=== About this task ===
Look through the records below for the line with "e ≤ quota k t". Return that line and each one after it up to and including the line with "puts-le-quota k t e d finished", exactly.

=== Data to process ===
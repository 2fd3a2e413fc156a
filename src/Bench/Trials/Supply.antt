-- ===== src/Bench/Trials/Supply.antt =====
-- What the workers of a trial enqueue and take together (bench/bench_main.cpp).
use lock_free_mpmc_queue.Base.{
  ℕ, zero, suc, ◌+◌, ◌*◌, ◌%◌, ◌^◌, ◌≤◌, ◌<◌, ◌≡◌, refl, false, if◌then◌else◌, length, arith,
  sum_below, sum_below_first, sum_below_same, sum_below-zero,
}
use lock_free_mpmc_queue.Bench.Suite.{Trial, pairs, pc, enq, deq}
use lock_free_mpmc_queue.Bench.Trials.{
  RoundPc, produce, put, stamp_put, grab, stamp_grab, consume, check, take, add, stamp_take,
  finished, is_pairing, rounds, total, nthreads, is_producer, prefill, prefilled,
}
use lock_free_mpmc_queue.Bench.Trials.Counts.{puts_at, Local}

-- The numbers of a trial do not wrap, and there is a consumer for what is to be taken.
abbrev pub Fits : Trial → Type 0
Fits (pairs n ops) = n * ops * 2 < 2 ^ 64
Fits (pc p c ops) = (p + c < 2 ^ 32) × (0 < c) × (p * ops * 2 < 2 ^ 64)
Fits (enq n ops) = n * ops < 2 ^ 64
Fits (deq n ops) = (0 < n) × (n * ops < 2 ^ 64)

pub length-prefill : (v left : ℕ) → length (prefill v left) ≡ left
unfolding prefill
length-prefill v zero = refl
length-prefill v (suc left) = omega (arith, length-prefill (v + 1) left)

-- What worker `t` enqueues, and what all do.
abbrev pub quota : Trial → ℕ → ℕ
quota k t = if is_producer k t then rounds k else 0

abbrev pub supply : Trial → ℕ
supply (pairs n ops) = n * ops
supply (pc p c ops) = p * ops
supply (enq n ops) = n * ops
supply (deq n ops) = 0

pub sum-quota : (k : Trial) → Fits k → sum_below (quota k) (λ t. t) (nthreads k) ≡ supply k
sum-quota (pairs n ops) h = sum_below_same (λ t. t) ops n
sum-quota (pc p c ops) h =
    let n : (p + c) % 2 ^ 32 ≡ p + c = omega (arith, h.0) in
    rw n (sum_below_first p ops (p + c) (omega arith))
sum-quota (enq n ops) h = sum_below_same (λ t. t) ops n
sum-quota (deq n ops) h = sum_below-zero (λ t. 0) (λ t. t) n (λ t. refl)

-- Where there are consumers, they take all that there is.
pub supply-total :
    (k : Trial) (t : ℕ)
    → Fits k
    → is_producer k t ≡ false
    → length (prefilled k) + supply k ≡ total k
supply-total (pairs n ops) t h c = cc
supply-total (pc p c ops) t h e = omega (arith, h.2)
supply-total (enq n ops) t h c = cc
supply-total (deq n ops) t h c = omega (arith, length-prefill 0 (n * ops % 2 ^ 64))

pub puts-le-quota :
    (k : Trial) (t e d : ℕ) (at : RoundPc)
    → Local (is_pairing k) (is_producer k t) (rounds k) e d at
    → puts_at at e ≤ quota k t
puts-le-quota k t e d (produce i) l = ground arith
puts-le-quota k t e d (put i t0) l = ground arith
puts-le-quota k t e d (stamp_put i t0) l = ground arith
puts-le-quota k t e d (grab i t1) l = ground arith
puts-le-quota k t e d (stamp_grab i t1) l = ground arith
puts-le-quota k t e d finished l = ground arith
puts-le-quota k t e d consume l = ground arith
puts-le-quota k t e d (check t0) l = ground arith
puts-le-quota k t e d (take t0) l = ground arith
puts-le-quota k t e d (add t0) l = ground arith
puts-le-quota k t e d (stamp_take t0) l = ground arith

=== Reply to the exercise ===
    → puts_at at e ≤ quota k t
puts-le-quota k t e d (produce i) l = ground arith
puts-le-quota k t e d (put i t0) l = ground arith
puts-le-quota k t e d (stamp_put i t0) l = ground arith
puts-le-quota k t e d (grab i t1) l = ground arith
puts-le-quota k t e d (stamp_grab i t1) l = ground arith
puts-le-quota k t e d finished l = ground arith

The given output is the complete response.